• WHAT YOU SHOULD DO: Each record that follows should be reproduced in full, character for character.

---------- DATASET ENTRIES

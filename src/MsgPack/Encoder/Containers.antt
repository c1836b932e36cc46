-- ===== src/MsgPack/Encoder/Containers.antt =====
-- The begin and end calls of the encoder of src/core/vl_msgpack_io.c write the header of a container.
use Prim.Native.Nat.{bit_or, bit_and}
use mathlib.Core.List.{append_assoc}
use veritable_lasagna.Base.{
  ℕ, suc, ◌+◌, ◌-◌, ◌/◌, ◌%◌, ◌^◌, ◌<◌, ◌≡◌, refl, ap, ap₂, ◌∙◌, Bool, true, false, List, [], ◌∷◌,
  ◌++◌, leb, if◌then◌else◌, arith, length, inl, inr, Bool-cases,
}
use veritable_lasagna.MsgPack.Bytes.{word_bytes, word_bytes-two, word_bytes-four, or_map, or_array}
use veritable_lasagna.MsgPack.Format.{container_header}
use veritable_lasagna.MsgPack.Encoder.{
  Frame, take, drop, overwrite, frame_elements, encode_frame, resolved,
}

take-behind : (bs xs : List ℕ) (k : ℕ) → take (length bs + k) (bs ++ xs) ≡ bs ++ take k xs
take-behind [] xs k = ap (λ z. take z xs) (omega arith)
take-behind (b ∷ bs) xs k =
    ap (λ z. take z (b ∷ (bs ++ xs))) (suc_sum (length bs) k)
    ∙ ap (λ z. b ∷ z) (take-behind bs xs k)
  where
    suc_sum : (m n : ℕ) → suc m + n ≡ suc (m + n)
    suc_sum m n = omega arith

drop-behind : (bs xs : List ℕ) (k : ℕ) → drop (length bs + k) (bs ++ xs) ≡ drop k xs
drop-behind [] xs k = ap (λ z. drop z xs) (omega arith)
drop-behind (b ∷ bs) xs k =
    ap (λ z. drop z (b ∷ (bs ++ xs))) (suc_sum (length bs) k) ∙ drop-behind bs xs k
  where
    suc_sum : (m n : ℕ) → suc m + n ≡ suc (m + n)
    suc_sum m n = omega arith

overwrite-behind :
    (bs xs src : List ℕ) (k : ℕ)
    → overwrite (bs ++ xs) (length bs + k) src ≡ bs ++ overwrite xs k src
overwrite-behind bs xs src k =
    ap₂ (λ y z. y ++ (src ++ z)) (take-behind bs xs k)
      (ap (λ z. drop z (bs ++ xs)) (omega arith) ∙ drop-behind bs xs (k + length src))
    ∙ append_assoc bs (take k xs) (src ++ drop (k + length src) xs)

-- A frame as it stands when its container ends: it began behind `bs`.
abbrev pub frame_at : List ℕ → Bool → ℕ → Frame
frame_at bs is_array total = record {
  is_array = is_array;
  start_offset = length bs;
  size_offset = length bs + 1;
  data_offset = length bs + 5;
  total_elements = total;
}

fixed_tag :
    (is_array : Bool) (n : ℕ)
    → n < 16
    → bit_or (if is_array then 0x90 else 0x80) (bit_and n 0xF)
      ≡ (if is_array then 144 + n else 128 + n)
fixed_tag true n h = or_array n h
fixed_tag false n h = or_map n h

module _ (bs : List ℕ) (r0 r1 r2 r3 r4 : ℕ) (cs : List ℕ) (is_array : Bool) (total : ℕ) where
  abbrev pub claimed : List ℕ
  claimed = bs ++ (r0 ∷ r1 ∷ r2 ∷ r3 ∷ r4 ∷ cs)

  overwrite_tag :
      (tag : ℕ) → overwrite claimed (length bs) (tag ∷ []) ≡ bs ++ (tag ∷ r1 ∷ r2 ∷ r3 ∷ r4 ∷ cs)
  overwrite_tag tag =
      ap (λ z. overwrite claimed z (tag ∷ [])) (plus_zero (length bs))
      ∙ overwrite-behind bs (r0 ∷ r1 ∷ r2 ∷ r3 ∷ r4 ∷ cs) (tag ∷ []) 0
    where
      plus_zero : (n : ℕ) → n ≡ n + 0
      plus_zero n = omega arith

  resolved_fixed :
      (tag : ℕ)
      → encode_frame (frame_at bs is_array total) ≡ (tag, 4)
      → resolved (frame_at bs is_array total) claimed ≡ bs ++ (tag ∷ cs)
  unfolding resolved
  resolved_fixed tag e =
      let moved = tag ∷ r1 ∷ r2 ∷ r3 ∷ r4 ∷ cs in
      let front : length bs + 5 - 4 ≡ length bs + 1 = omega arith in
      rw (e, overwrite_tag tag, front, take-behind bs moved 1, drop-behind bs moved 5)
        (append_assoc bs (tag ∷ []) cs)

  resolved_two :
      (tag : ℕ)
      → frame_elements (frame_at bs is_array total) < 2 ^ 16
      → encode_frame (frame_at bs is_array total) ≡ (tag, 2)
      → resolved (frame_at bs is_array total) claimed
        ≡ bs ++ ((tag ∷ word_bytes 2 (frame_elements (frame_at bs is_array total))) ++ cs)
  unfolding resolved
  resolved_two tag few e =
      let n = frame_elements (frame_at bs is_array total) in
      let small : n % 2 ^ 16 ≡ n = omega arith in
      let a = n / 256 % 256 in
      let b = n % 256 in
      let moved = tag ∷ a ∷ b ∷ r3 ∷ r4 ∷ cs in
      let front : length bs + 5 - 2 ≡ length bs + 3 = omega arith in
      let size = overwrite-behind bs (tag ∷ r1 ∷ r2 ∷ r3 ∷ r4 ∷ cs) (a ∷ b ∷ []) 1 in
      rw
        (
          e,
          overwrite_tag tag,
          small,
          word_bytes-two n,
          size,
          front,
          take-behind bs moved 3,
          drop-behind bs moved 5,
        )
        (append_assoc bs (tag ∷ a ∷ b ∷ []) cs)

  resolved_four :
      (tag : ℕ)
      → frame_elements (frame_at bs is_array total) < 2 ^ 32
      → encode_frame (frame_at bs is_array total) ≡ (tag, 0)
      → resolved (frame_at bs is_array total) claimed
        ≡ bs ++ ((tag ∷ word_bytes 4 (frame_elements (frame_at bs is_array total))) ++ cs)
  unfolding resolved
  resolved_four tag few e =
      let n = frame_elements (frame_at bs is_array total) in
      let small : n % 2 ^ 32 ≡ n = omega arith in
      let a = n / 256 / 256 / 256 % 256 in
      let b = n / 256 / 256 % 256 in
      let c = n / 256 % 256 in
      let d = n % 256 in
      let size = overwrite-behind bs (tag ∷ r1 ∷ r2 ∷ r3 ∷ r4 ∷ cs) (a ∷ b ∷ c ∷ d ∷ []) 1 in
      rw (e, overwrite_tag tag, small, word_bytes-four n) size

  pub resolved_lem :
      (n : ℕ)
      → frame_elements (frame_at bs is_array total) ≡ n
      → n < 2 ^ 32
      → resolved (frame_at bs is_array total) claimed ≡ bs ++ (container_header is_array n ++ cs)
  unfolding encode_frame
  resolved_lem n size few = elim (Bool-cases (leb n 15)) [
    | inl e ↦ rw e (
        resolved_fixed (if is_array then 144 + n else 128 + n)
          (rw (size, e) (ap (λ z. (z, 4)) (fixed_tag is_array n (ground arith)))))
    | inr e ↦ elim (Bool-cases (leb n 65535)) [
      | inl f ↦
          rw (e, f)
            (resolved_two (if is_array then 220 else 222) (ground arith) (rw (size, e, f) refl)
              ∙ ap (λ z. bs ++ (((if is_array then 220 else 222) ∷ word_bytes 2 z) ++ cs)) size)
      | inr f ↦
          rw (e, f)
            (resolved_four (if is_array then 221 else 223) (omega arith) (rw (size, e, f) refl)
              ∙ ap (λ z. bs ++ (((if is_array then 221 else 223) ∷ word_bytes 4 z) ++ cs)) size)
    ]
  ]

--------------------

• FINISHED TASK:
filename src/MsgPack/Encoder/Containers.antt
repository c1836b932e36cc46
-- ===== src/MsgPack/Encoder/Containers.antt =====
-- The begin and end calls of the encoder of src/core/vl_msgpack_io.c write the header of a container.
use Prim.Native.Nat.{bit_or, bit_and}
use mathlib.Core.List.{append_assoc}
use veritable_lasagna.Base.{
  ℕ, suc, ◌+◌, ◌-◌, ◌/◌, ◌%◌, ◌^◌, ◌<◌, ◌≡◌, refl, ap, ap₂, ◌∙◌, Bool, true, false, List, [], ◌∷◌,
  ◌++◌, leb, if◌then◌else◌, arith, length, inl, inr, Bool-cases,
}
use veritable_lasagna.MsgPack.Bytes.{word_bytes, word_bytes-two, word_bytes-four, or_map, or_array}
use veritable_lasagna.MsgPack.Format.{container_header}
use veritable_lasagna.MsgPack.Encoder.{
  Frame, take, drop, overwrite, frame_elements, encode_frame, resolved,
}

take-behind : (bs xs : List ℕ) (k : ℕ) → take (length bs + k) (bs ++ xs) ≡ bs ++ take k xs
take-behind [] xs k = ap (λ z. take z xs) (omega arith)
take-behind (b ∷ bs) xs k =
    ap (λ z. take z (b ∷ (bs ++ xs))) (suc_sum (length bs) k)
    ∙ ap (λ z. b ∷ z) (take-behind bs xs k)
  where
    suc_sum : (m n : ℕ) → suc m + n ≡ suc (m + n)
    suc_sum m n = omega arith

drop-behind : (bs xs : List ℕ) (k : ℕ) → drop (length bs + k) (bs ++ xs) ≡ drop k xs
drop-behind [] xs k = ap (λ z. drop z xs) (omega arith)
drop-behind (b ∷ bs) xs k =
    ap (λ z. drop z (b ∷ (bs ++ xs))) (suc_sum (length bs) k) ∙ drop-behind bs xs k
  where
    suc_sum : (m n : ℕ) → suc m + n ≡ suc (m + n)
    suc_sum m n = omega arith

overwrite-behind :
    (bs xs src : List ℕ) (k : ℕ)
    → overwrite (bs ++ xs) (length bs + k) src ≡ bs ++ overwrite xs k src
overwrite-behind bs xs src k =
    ap₂ (λ y z. y ++ (src ++ z)) (take-behind bs xs k)
      (ap (λ z. drop z (bs ++ xs)) (omega arith) ∙ drop-behind bs xs (k + length src))
    ∙ append_assoc bs (take k xs) (src ++ drop (k + length src) xs)

-- A frame as it stands when its container ends: it began behind `bs`.
abbrev pub frame_at : List ℕ → Bool → ℕ → Frame
frame_at bs is_array total = record {
  is_array = is_array;
  start_offset = length bs;
  size_offset = length bs + 1;
  data_offset = length bs + 5;
  total_elements = total;
}

fixed_tag :
    (is_array : Bool) (n : ℕ)
    → n < 16
    → bit_or (if is_array then 0x90 else 0x80) (bit_and n 0xF)
      ≡ (if is_array then 144 + n else 128 + n)
fixed_tag true n h = or_array n h
fixed_tag false n h = or_map n h

module _ (bs : List ℕ) (r0 r1 r2 r3 r4 : ℕ) (cs : List ℕ) (is_array : Bool) (total : ℕ) where
  abbrev pub claimed : List ℕ
  claimed = bs ++ (r0 ∷ r1 ∷ r2 ∷ r3 ∷ r4 ∷ cs)

  overwrite_tag :
      (tag : ℕ) → overwrite claimed (length bs) (tag ∷ []) ≡ bs ++ (tag ∷ r1 ∷ r2 ∷ r3 ∷ r4 ∷ cs)
  overwrite_tag tag =
      ap (λ z. overwrite claimed z (tag ∷ [])) (plus_zero (length bs))
      ∙ overwrite-behind bs (r0 ∷ r1 ∷ r2 ∷ r3 ∷ r4 ∷ cs) (tag ∷ []) 0
    where
      plus_zero : (n : ℕ) → n ≡ n + 0
      plus_zero n = omega arith

  resolved_fixed :
      (tag : ℕ)
      → encode_frame (frame_at bs is_array total) ≡ (tag, 4)
      → resolved (frame_at bs is_array total) claimed ≡ bs ++ (tag ∷ cs)
  unfolding resolved
  resolved_fixed tag e =
      let moved = tag ∷ r1 ∷ r2 ∷ r3 ∷ r4 ∷ cs in
      let front : length bs + 5 - 4 ≡ length bs + 1 = omega arith in
      rw (e, overwrite_tag tag, front, take-behind bs moved 1, drop-behind bs moved 5)
        (append_assoc bs (tag ∷ []) cs)

  resolved_two :
      (tag : ℕ)
      → frame_elements (frame_at bs is_array total) < 2 ^ 16
      → encode_frame (frame_at bs is_array total) ≡ (tag, 2)
      → resolved (frame_at bs is_array total) claimed
        ≡ bs ++ ((tag ∷ word_bytes 2 (frame_elements (frame_at bs is_array total))) ++ cs)
  unfolding resolved
  resolved_two tag few e =
      let n = frame_elements (frame_at bs is_array total) in
      let small : n % 2 ^ 16 ≡ n = omega arith in
      let a = n / 256 % 256 in
      let b = n % 256 in
      let moved = tag ∷ a ∷ b ∷ r3 ∷ r4 ∷ cs in
      let front : length bs + 5 - 2 ≡ length bs + 3 = omega arith in
      let size = overwrite-behind bs (tag ∷ r1 ∷ r2 ∷ r3 ∷ r4 ∷ cs) (a ∷ b ∷ []) 1 in
      rw
        (
          e,
          overwrite_tag tag,
          small,
          word_bytes-two n,
          size,
          front,
          take-behind bs moved 3,
          drop-behind bs moved 5,
        )
        (append_assoc bs (tag ∷ a ∷ b ∷ []) cs)

  resolved_four :
      (tag : ℕ)
      → frame_elements (frame_at bs is_array total) < 2 ^ 32
      → encode_frame (frame_at bs is_array total) ≡ (tag, 0)
      → resolved (frame_at bs is_array total) claimed
        ≡ bs ++ ((tag ∷ word_bytes 4 (frame_elements (frame_at bs is_array total))) ++ cs)
  unfolding resolved
  resolved_four tag few e =
      let n = frame_elements (frame_at bs is_array total) in
      let small : n % 2 ^ 32 ≡ n = omega arith in
      let a = n / 256 / 256 / 256 % 256 in
      let b = n / 256 / 256 % 256 in
      let c = n / 256 % 256 in
      let d = n % 256 in
      let size = overwrite-behind bs (tag ∷ r1 ∷ r2 ∷ r3 ∷ r4 ∷ cs) (a ∷ b ∷ c ∷ d ∷ []) 1 in
      rw (e, overwrite_tag tag, small, word_bytes-four n) size

  pub resolved_lem :
      (n : ℕ)
      → frame_elements (frame_at bs is_array total) ≡ n
      → n < 2 ^ 32
      → resolved (frame_at bs is_array total) claimed ≡ bs ++ (container_header is_array n ++ cs)
  unfolding encode_frame
  resolved_lem n size few = elim (Bool-cases (leb n 15)) [
    | inl e ↦ rw e (
        resolved_fixed (if is_array then 144 + n else 128 + n)
          (rw (size, e) (ap (λ z. (z, 4)) (fixed_tag is_array n (ground arith)))))
    | inr e ↦ elim (Bool-cases (leb n 65535)) [
      | inl f ↦
          rw (e, f)
            (resolved_two (if is_array then 220 else 222) (ground arith) (rw (size, e, f) refl)
              ∙ ap (λ z. bs ++ (((if is_array then 220 else 222) ∷ word_bytes 2 z) ++ cs)) size)
      | inr f ↦
          rw (e, f)
            (resolved_four (if is_array then 221 else 223) (omega arith) (rw (size, e, f) refl)
              ∙ ap (λ z. bs ++ (((if is_array then 221 else 223) ∷ word_bytes 4 z) ++ cs)) size)
    ]
  ]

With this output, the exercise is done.